Impact of hole transport layer on the performance of all-inorganic tin (Sn) based perovskite solar cells

The power conversion efficiency (PCE) of perovskite solar cells (PSCs) has shown vast increment from 3.81% to 25.5% within a decade. Despite the fast progress and many advantages, these cells are facing an issue of toxicity and poor device stability. In this work, we deal with the issue of toxicity by using Tin (Sn) instead of Lead (Pb). The PSCs are simulated using Solar Simulator Capacitor (SCAPS-1D version 3.3.07) software. We used all-inorganic, lead free material, Cesium Tin–Germanium Tri-iodide (CsSn0.5Ge0.5I3) as an absorber material. We further investigate the influence of hole transport layer (HTL) on the performance of Sn based PSCs.
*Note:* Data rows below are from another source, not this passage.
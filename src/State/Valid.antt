-- ===== src/State/Valid.antt =====
-- internal/state/store.go: the keys of the tables and the order of the queue, which every method that
-- writes keeps.
pub mod Keys
pub mod Queue
pub mod Methods
use mathlib.Core.Path.{subst}
use umleitung.Base.{
  ℕ, ◌+◌, ◌≤◌, ◌<◌, ◌≡◌, refl, sym, ap, ◌∙◌, Bool, true, false, some, none, List, [], ◌∷◌, ◌++◌,
  map, take, ltb, leb, ◌==◌ as nat_eq, ==_iff, Bool-cases, inl, inr, All, if◌then◌else◌, arith,
}
use umleitung.Base.Text.{Text, codes, ◌==◌, eq_iff, eq_refl}
use umleitung.Base.Exec.{Result, ok, err, Exec}
use umleitung.Base.Keeps.{Keeps}
use umleitung.State.Tables.{
  Db, KeyRecord, MemberRow, PendingOp, FolderRow, MemberChangeItem, has_row, insert_copied,
  put_meta, upsert_member, delete_member, insert_pending, remove_pending, delete_pending,
  put_folder, insert_by_id, order_by_id,
}
use umleitung.State.Store.{
  Conn, meta_set, record_keys, seed_batch, record_key, member_change_batch, delete_pending_row,
  delete_pending_batch, set_folder_state, exec_batch, exec, pending_ops,
}
use umleitung.State.Atomic.{
  apply_all, change_row, WholeOrNothing, exec_batch-WholeOrNothing,
  member_change_batch-WholeOrNothing,
}
use umleitung.State.Members.{Keyed, Keyed-change_row, folders-change_row}

abbrev pub has_meta : Text → List (Text × Text) → Bool
has_meta k [] = false
has_meta k ((j, v) ∷ rows) = if j == k then true else has_meta k rows

abbrev pub has_folder : Text → List FolderRow → Bool
has_folder n [] = false
has_folder n (r ∷ rows) = if r.name == n then true else has_folder n rows

-- the primary keys of `copied`, `meta` and `folders`
abbrev pub CopiedOnce : List KeyRecord → Type 0
CopiedOnce [] = Unit {0}
CopiedOnce (r ∷ rows) = (has_row r.key rows ≡ false) × CopiedOnce rows

abbrev pub MetaOnce : List (Text × Text) → Type 0
MetaOnce [] = Unit {0}
MetaOnce ((k, v) ∷ rows) = (has_meta k rows ≡ false) × MetaOnce rows

abbrev pub FoldersOnce : List FolderRow → Type 0
FoldersOnce [] = Unit {0}
FoldersOnce (r ∷ rows) = (has_folder r.name rows ≡ false) × FoldersOnce rows

-- the ids grow from one operation to the next, from `low` on, and stay below `high`
abbrev pub Growing : ℕ → List PendingOp → ℕ → Type 0
Growing low [] high = low ≤ high
Growing low (o ∷ ops) high = (low ≤ o.id) × Growing (o.id + 1) ops high

pub record IsValid (db : Db) : Type 0 where
  pub copied : CopiedOnce db.copied
  pub meta : MetaOnce db.meta
  pub members : Keyed db.members
  pub folders : FoldersOnce db.folders
  pub pending : Growing 0 db.pending db.next_id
Simulation and analysis of following CsSn0.5Ge0.5I3 based PSC devices have been done: using (i) HTL free configuration (ii) inorganic HTL and (iii) organic HTL. The simulated cells are in planar n-i-p architecture. This work depicts the fact that Sn based PSCs have a potential to serve as high performance solar cells. The results signifies the impact of HTL on the performance of PSCs, in this study, we also suggest alternatives to the widely used HTM (Spiro-OMeTAD) that not only produce comparable photovoltaic performance but also are cost effective. We also analyse the influence of using various metal cathodes on the simulated cell. The result suggests that presence and type of HTM is having an impact on the contact selection criteria. The influence of HTL thickness variation on the performance of the PSCs are also studied.